_Aim of the exercise:_
In the material below, find each line with the word "List" and copy it.

_Data provided:_
-- Opening Marker --

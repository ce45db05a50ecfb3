-- ===== src/Parser/Stream.antt =====
-- What the parser makes of a stream of tokens.
use becoming_an_elite_engine.Base.{
  text_order, ℕ, suc, ◌+◌, ◌%◌, ◌^◌, ◌<◌, ◌≡◌, ◌≢◌, refl, ap, true, false, Option, none, some, List,
  [], ◌∷◌, ◌++◌, length, ◌==◌, if◌then◌else◌, arith, All, contains,
}
use becoming_an_elite_engine.Bst.{Tree, null, recurse_insertion, recurse_search, traverse_in_order}
use becoming_an_elite_engine.Bst.Laws.{value, IsOrdered, search-insertion}
use becoming_an_elite_engine.Lexer.Text.{Text}
use becoming_an_elite_engine.Parser.{fulfilled, failed, Round, run_loop, run}

-- tokens that come while the parser runs, and the mark after the last of them
abbrev pub rounds : List Text → List Round
rounds [] = []
rounds (token ∷ tokens) = (true, token) ∷ rounds tokens

abbrev pub end_of_stream : Round
end_of_stream = (true, [])

-- the tree that the tokens build
abbrev grown : Tree Text → List Text → Tree Text
grown t [] = t
grown t (token ∷ tokens) = grown (recurse_insertion t token) tokens

abbrev finds : Tree Text → Text → Option Text
finds t w = value (recurse_search t w)

grown-search :
    (t : Tree Text) (tokens : List Text) (w : Text)
    → IsOrdered t
    → IsOrdered (grown t tokens)
      × (finds (grown t tokens) w ≡ (if contains w tokens then some w else finds t w))
unfolding contains
grown-search t [] w h = (h, refl)
grown-search t (token ∷ tokens) w h =
    let (ordered, one) = search-insertion t token w h in
    let (ordered', rest) = grown-search (recurse_insertion t token) tokens w ordered in
    (ordered', ground (arith, one, rest, text_order.eq_iff w token, text_order.eq_iff token w))

run_loop-drained :
    (tokens : List Text) (later : List Round) (t : Tree Text) (n : ℕ)
    → All (λ token. token ≢ []) tokens
    → n + length tokens < 2 ^ 64
    → run_loop (rounds tokens ++ (end_of_stream ∷ later)) t n
      ≡ some
          (if n + length tokens == 0 then failed else fulfilled (n + length tokens), grown t tokens)
unfolding run_loop
run_loop-drained [] later t n h small = ground arith
run_loop-drained ([] ∷ tokens) later t n h small = absurd (h.0 refl)
run_loop-drained ((c ∷ token) ∷ tokens) later t n h small = ground (
  arith,
  run_loop-drained tokens later (recurse_insertion t (c ∷ token)) (n + 1) h.1 (omega arith),
)

-- If the mark of the end follows fewer than 2 ^ 64 tokens, none of them empty, all taken while the
-- parser runs, then the promise gets their number, or the error if there is none; and the tree is
-- ordered and finds exactly these tokens. What comes later does not count.
pub run-drained :
    (tokens : List Text) (later : List Round) (w : Text)
    → All (λ token. token ≢ []) tokens
    → length tokens < 2 ^ 64
    → (t : Tree Text) × (run (rounds tokens ++ (end_of_stream ∷ later))
        ≡ some (if length tokens == 0 then failed else fulfilled (length tokens), t))
      × IsOrdered t
      × (value (recurse_search t w) ≡ (if contains w tokens then some w else none))
unfolding run traverse_in_order recurse_search
run-drained tokens later w h small =
    let (ordered, found) = grown-search null tokens w tt in
    (
      grown null tokens,
      ground (arith, run_loop-drained tokens later null 0 h (omega arith)),
      ordered,
      found,
    )

-- rounds that begin with tokens and the mark of the end, the count being `n`
abbrev IsDrained : List Round → ℕ → Type 0
IsDrained rs n =
    (tokens : List Text) × (later : List Round) × (rs ≡ rounds tokens ++ (end_of_stream ∷ later))
    × All (λ token. token ≢ []) tokens
    × (n ≡ length tokens)

run_loop-fulfilled :
    (rs : List Round) (t t' : Tree Text) (m n : ℕ)
    → m + length rs < 2 ^ 64
    → run_loop rs t m ≡ some (fulfilled n, t')
    → (k : ℕ) × IsDrained rs k × (n ≡ m + k)
unfolding run_loop
run_loop-fulfilled [] t t' m n small h = absurd (ground arith)
run_loop-fulfilled ((false, token) ∷ rs) t t' m n small h = absurd (ground arith)
run_loop-fulfilled ((true, []) ∷ rs) t t' m n small h = (0, ([], rs, refl, tt, refl), ground arith)
run_loop-fulfilled ((true, c ∷ token) ∷ rs) t t' m n small h =
    let next : (m + 1) % 2 ^ 64 ≡ m + 1 = omega arith in
    let (k, (tokens, later, split, full, count), sum) =
      run_loop-fulfilled rs (recurse_insertion t (c ∷ token)) t' (m + 1) n (omega arith)
        (ground (arith, h, next)) in
    (
      suc k,
      (
        (c ∷ token) ∷ tokens,
        later,
        ap (λ l. (true, c ∷ token) ∷ l) split,
        ((λ e. absurd (cc)), full),
        omega (arith, count),
      ),
      omega (arith, sum),
    )

-- Whenever the promise gets a number in fewer than 2 ^ 64 rounds, these began with that many tokens,
-- none of them empty, and an empty string, each taken after a test that found the parser running. A
-- round that finds the flag cleared before the empty string never lets the promise have a number.
pub run-fulfilled :
    (rs : List Round) (n : ℕ) (t : Tree Text)
    → length rs < 2 ^ 64
    → run rs ≡ some (fulfilled n, t)
    → (tokens : List Text) × (later : List Round) × (rs ≡ rounds tokens ++ (end_of_stream ∷ later))
      × All (λ token. token ≢ []) tokens
      × (n ≡ length tokens)
unfolding run
run-fulfilled rs n t small h =
    let (k, (tokens, later, split, full, count), sum) =
      run_loop-fulfilled rs null t 0 n (omega arith) h in
    (tokens, later, split, full, omega (arith, sum, count))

-- Closing Marker --

_Result below:_
  text_order, ℕ, suc, ◌+◌, ◌%◌, ◌^◌, ◌<◌, ◌≡◌, ◌≢◌, refl, ap, true, false, Option, none, some, List,
abbrev pub rounds : List Text → List Round
abbrev grown : Tree Text → List Text → Tree Text
    (t : Tree Text) (tokens : List Text) (w : Text)
    (tokens : List Text) (later : List Round) (t : Tree Text) (n : ℕ)
    (tokens : List Text) (later : List Round) (w : Text)
abbrev IsDrained : List Round → ℕ → Type 0
    (tokens : List Text) × (later : List Round) × (rs ≡ rounds tokens ++ (end_of_stream ∷ later))
    (rs : List Round) (t t' : Tree Text) (m n : ℕ)
    (rs : List Round) (n : ℕ) (t : Tree Text)
    → (tokens : List Text) × (later : List Round) × (rs ≡ rounds tokens ++ (end_of_stream ∷ later))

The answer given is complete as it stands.